START Supplied records

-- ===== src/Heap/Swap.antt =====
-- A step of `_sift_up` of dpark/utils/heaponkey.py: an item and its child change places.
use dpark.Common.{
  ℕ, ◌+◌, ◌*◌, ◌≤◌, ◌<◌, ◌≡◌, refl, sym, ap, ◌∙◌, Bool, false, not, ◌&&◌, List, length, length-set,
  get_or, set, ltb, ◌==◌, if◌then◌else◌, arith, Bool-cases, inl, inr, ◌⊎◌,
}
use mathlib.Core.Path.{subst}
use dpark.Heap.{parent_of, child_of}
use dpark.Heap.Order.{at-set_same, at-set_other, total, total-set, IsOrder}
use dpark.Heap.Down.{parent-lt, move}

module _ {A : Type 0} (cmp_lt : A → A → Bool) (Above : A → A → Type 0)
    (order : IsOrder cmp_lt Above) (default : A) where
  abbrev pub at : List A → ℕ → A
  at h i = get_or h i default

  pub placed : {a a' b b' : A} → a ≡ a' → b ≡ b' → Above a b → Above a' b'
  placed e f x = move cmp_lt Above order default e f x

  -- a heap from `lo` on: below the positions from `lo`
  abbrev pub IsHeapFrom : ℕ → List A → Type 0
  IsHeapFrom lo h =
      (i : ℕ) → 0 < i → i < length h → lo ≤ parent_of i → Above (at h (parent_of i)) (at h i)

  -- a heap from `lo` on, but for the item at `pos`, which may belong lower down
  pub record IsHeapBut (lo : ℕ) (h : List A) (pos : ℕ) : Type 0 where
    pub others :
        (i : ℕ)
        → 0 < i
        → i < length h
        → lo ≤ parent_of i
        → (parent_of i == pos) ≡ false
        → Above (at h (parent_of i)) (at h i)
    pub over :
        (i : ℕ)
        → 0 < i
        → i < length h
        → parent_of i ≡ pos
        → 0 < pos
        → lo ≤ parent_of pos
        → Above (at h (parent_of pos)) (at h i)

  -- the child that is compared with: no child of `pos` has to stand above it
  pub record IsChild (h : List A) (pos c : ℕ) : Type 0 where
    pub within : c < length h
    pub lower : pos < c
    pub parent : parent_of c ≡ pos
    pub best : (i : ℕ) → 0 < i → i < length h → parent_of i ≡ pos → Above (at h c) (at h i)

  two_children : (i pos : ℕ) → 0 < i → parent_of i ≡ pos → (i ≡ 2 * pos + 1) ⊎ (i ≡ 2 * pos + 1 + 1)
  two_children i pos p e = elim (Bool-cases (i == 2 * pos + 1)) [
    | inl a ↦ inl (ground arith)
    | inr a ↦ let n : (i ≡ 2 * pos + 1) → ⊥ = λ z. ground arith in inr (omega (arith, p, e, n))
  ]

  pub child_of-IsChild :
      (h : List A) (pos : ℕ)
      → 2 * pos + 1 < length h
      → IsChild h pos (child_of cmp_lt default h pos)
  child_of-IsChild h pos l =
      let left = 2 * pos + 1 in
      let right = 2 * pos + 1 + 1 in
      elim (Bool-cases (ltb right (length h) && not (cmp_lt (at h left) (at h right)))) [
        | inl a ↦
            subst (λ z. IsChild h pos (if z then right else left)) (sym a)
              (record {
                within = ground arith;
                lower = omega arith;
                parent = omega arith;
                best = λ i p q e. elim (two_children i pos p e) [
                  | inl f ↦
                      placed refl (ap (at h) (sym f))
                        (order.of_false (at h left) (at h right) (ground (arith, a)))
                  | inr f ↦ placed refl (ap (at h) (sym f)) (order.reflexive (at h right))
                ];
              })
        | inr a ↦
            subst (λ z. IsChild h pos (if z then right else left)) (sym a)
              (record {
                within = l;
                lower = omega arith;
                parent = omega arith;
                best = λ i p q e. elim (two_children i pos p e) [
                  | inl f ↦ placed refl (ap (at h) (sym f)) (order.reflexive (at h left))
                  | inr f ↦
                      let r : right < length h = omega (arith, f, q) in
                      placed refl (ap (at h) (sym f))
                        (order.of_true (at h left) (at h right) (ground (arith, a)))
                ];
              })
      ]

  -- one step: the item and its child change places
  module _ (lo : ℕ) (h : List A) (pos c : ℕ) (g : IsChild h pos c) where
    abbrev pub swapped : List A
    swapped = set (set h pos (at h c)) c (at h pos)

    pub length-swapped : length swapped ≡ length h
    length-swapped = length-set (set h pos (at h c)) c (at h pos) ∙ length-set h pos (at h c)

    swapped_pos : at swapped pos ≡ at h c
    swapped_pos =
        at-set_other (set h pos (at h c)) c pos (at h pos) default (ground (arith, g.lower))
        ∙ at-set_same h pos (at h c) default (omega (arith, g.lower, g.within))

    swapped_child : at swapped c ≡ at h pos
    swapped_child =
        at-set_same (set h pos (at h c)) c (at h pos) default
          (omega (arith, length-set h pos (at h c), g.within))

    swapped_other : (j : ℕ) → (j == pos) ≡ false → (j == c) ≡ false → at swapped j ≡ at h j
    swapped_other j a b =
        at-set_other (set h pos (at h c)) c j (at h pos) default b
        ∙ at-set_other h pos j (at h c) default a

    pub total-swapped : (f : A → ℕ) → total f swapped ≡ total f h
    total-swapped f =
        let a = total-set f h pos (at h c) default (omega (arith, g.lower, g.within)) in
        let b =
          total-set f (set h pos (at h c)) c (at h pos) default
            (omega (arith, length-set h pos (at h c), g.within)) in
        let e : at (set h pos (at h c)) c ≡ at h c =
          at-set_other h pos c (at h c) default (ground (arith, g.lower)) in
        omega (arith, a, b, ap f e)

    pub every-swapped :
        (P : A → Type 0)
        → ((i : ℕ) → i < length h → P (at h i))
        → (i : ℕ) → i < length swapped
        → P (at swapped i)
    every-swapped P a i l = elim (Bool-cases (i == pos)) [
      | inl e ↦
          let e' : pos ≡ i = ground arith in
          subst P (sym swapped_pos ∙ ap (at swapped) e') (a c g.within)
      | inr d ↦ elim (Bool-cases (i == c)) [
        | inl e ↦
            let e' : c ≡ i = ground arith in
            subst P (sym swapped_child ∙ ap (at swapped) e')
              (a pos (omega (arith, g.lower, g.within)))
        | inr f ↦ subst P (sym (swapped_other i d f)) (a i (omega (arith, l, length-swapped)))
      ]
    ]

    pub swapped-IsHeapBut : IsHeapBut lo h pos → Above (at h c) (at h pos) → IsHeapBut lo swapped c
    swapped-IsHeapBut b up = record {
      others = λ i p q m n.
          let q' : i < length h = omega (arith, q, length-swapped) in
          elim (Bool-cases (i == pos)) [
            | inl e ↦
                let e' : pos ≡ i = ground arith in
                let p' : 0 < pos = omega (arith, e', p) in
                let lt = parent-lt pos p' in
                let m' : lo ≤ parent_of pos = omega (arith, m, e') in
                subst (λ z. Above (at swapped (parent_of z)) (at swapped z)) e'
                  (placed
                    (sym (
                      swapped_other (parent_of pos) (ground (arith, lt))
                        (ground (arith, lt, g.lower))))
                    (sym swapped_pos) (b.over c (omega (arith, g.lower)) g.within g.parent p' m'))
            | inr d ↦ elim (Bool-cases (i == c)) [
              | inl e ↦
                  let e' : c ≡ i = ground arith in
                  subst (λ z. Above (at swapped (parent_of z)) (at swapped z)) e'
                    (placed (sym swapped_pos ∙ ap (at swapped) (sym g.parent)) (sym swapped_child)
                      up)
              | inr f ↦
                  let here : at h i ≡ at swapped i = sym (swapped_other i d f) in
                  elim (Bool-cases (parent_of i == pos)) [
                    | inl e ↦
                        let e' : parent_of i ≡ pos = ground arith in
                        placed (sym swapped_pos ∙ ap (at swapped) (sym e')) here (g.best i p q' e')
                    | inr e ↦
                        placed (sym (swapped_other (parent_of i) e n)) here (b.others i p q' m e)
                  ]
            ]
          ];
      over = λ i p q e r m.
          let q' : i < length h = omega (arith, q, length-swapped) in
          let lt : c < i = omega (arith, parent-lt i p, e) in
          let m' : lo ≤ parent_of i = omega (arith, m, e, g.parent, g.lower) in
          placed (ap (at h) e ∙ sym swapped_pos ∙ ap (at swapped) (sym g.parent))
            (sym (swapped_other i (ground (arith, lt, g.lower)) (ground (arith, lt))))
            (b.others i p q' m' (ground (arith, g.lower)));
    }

END Supplied records
START Supplied records

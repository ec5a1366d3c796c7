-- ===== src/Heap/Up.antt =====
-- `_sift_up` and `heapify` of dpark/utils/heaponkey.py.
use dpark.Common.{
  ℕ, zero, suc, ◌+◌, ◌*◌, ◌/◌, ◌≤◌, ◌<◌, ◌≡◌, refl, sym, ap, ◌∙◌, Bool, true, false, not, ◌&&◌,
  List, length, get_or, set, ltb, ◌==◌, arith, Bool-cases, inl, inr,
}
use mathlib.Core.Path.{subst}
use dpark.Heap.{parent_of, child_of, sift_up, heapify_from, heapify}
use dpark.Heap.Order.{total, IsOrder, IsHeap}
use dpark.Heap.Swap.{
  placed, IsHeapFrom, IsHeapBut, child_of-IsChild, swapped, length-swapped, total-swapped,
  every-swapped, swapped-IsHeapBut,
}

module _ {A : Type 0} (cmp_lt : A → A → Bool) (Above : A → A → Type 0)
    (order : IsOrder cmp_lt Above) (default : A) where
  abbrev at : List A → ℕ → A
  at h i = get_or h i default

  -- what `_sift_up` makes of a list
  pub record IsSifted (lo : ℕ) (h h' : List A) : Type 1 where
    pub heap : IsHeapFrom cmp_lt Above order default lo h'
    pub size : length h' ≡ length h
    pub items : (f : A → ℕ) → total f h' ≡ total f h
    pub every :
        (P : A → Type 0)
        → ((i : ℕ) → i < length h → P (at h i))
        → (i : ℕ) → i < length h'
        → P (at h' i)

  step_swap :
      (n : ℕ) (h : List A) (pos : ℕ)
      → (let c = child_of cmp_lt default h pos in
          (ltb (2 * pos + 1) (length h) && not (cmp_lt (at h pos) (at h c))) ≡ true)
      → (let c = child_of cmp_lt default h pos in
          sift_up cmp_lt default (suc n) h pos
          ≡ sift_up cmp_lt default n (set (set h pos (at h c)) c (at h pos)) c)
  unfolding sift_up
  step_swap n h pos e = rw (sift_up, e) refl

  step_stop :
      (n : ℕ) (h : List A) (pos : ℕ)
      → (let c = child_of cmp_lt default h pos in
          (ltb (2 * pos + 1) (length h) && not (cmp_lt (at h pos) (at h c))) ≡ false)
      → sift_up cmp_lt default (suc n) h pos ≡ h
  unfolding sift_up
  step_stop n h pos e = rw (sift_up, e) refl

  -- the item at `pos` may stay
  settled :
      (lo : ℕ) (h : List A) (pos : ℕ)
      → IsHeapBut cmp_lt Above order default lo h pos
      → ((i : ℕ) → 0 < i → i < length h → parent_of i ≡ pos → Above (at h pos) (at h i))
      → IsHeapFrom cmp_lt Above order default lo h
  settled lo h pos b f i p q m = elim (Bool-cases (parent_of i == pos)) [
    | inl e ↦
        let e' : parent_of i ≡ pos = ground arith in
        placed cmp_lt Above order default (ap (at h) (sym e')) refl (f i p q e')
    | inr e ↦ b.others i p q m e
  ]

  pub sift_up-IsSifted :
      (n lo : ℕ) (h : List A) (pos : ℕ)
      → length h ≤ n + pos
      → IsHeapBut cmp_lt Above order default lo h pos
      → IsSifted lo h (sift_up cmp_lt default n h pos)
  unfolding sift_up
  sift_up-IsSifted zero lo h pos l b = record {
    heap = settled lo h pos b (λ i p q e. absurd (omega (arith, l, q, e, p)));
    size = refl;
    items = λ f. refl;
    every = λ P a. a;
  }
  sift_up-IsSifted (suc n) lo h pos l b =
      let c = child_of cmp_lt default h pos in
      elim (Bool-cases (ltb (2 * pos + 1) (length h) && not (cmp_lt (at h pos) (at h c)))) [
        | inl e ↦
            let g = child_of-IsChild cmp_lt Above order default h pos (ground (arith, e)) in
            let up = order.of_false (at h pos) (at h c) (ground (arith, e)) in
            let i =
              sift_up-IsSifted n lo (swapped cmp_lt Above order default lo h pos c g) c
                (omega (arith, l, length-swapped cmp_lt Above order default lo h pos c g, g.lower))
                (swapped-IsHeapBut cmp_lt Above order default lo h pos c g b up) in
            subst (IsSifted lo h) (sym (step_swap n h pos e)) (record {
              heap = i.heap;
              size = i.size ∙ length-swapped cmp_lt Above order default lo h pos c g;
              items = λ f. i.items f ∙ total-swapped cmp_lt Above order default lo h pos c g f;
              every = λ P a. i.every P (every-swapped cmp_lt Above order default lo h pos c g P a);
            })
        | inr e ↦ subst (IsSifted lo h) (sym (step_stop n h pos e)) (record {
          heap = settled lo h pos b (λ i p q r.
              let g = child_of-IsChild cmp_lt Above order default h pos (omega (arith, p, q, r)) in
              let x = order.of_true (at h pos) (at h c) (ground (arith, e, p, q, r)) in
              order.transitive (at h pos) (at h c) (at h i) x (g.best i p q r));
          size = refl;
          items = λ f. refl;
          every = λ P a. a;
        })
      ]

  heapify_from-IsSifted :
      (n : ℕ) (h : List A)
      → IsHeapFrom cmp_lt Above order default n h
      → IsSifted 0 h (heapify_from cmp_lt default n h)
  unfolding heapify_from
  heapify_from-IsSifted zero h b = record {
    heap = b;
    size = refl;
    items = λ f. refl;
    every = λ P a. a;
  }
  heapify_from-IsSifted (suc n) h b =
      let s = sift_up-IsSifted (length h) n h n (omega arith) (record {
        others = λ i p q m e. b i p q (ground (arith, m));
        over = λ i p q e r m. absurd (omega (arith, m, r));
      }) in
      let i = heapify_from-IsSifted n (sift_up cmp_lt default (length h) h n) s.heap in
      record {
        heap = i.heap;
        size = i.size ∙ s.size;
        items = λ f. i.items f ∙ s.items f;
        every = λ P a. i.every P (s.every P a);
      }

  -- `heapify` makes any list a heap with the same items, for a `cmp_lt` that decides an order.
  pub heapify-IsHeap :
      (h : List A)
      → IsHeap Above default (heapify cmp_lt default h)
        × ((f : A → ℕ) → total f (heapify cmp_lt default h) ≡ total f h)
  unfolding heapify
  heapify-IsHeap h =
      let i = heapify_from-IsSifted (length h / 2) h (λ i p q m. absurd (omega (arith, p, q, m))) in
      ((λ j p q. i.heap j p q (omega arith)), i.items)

END Supplied records

> About this task
Only the lines above from the one with "-- ===== src/Heap/Swap.antt" up to and including the one with "inl (ground arith)" should be repeated, exactly as written.

> Answer space
-- ===== src/Heap/Swap.antt =====
-- A step of `_sift_up` of dpark/utils/heaponkey.py: an item and its child change places.
use dpark.Common.{
  ℕ, ◌+◌, ◌*◌, ◌≤◌, ◌<◌, ◌≡◌, refl, sym, ap, ◌∙◌, Bool, false, not, ◌&&◌, List, length, length-set,
  get_or, set, ltb, ◌==◌, if◌then◌else◌, arith, Bool-cases, inl, inr, ◌⊎◌,
}
use mathlib.Core.Path.{subst}
use dpark.Heap.{parent_of, child_of}
use dpark.Heap.Order.{at-set_same, at-set_other, total, total-set, IsOrder}
use dpark.Heap.Down.{parent-lt, move}

module _ {A : Type 0} (cmp_lt : A → A → Bool) (Above : A → A → Type 0)
    (order : IsOrder cmp_lt Above) (default : A) where
  abbrev pub at : List A → ℕ → A
  at h i = get_or h i default

  pub placed : {a a' b b' : A} → a ≡ a' → b ≡ b' → Above a b → Above a' b'
  placed e f x = move cmp_lt Above order default e f x

  -- a heap from `lo` on: below the positions from `lo`
  abbrev pub IsHeapFrom : ℕ → List A → Type 0
  IsHeapFrom lo h =
      (i : ℕ) → 0 < i → i < length h → lo ≤ parent_of i → Above (at h (parent_of i)) (at h i)

  -- a heap from `lo` on, but for the item at `pos`, which may belong lower down
  pub record IsHeapBut (lo : ℕ) (h : List A) (pos : ℕ) : Type 0 where
    pub others :
        (i : ℕ)
        → 0 < i
        → i < length h
        → lo ≤ parent_of i
        → (parent_of i == pos) ≡ false
        → Above (at h (parent_of i)) (at h i)
    pub over :
        (i : ℕ)
        → 0 < i
        → i < length h
        → parent_of i ≡ pos
        → 0 < pos
        → lo ≤ parent_of pos
        → Above (at h (parent_of pos)) (at h i)

  -- the child that is compared with: no child of `pos` has to stand above it
  pub record IsChild (h : List A) (pos c : ℕ) : Type 0 where
    pub within : c < length h
    pub lower : pos < c
    pub parent : parent_of c ≡ pos
    pub best : (i : ℕ) → 0 < i → i < length h → parent_of i ≡ pos → Above (at h c) (at h i)

  two_children : (i pos : ℕ) → 0 < i → parent_of i ≡ pos → (i ≡ 2 * pos + 1) ⊎ (i ≡ 2 * pos + 1 + 1)
  two_children i pos p e = elim (Bool-cases (i == 2 * pos + 1)) [
    | inl a ↦ inl (ground arith)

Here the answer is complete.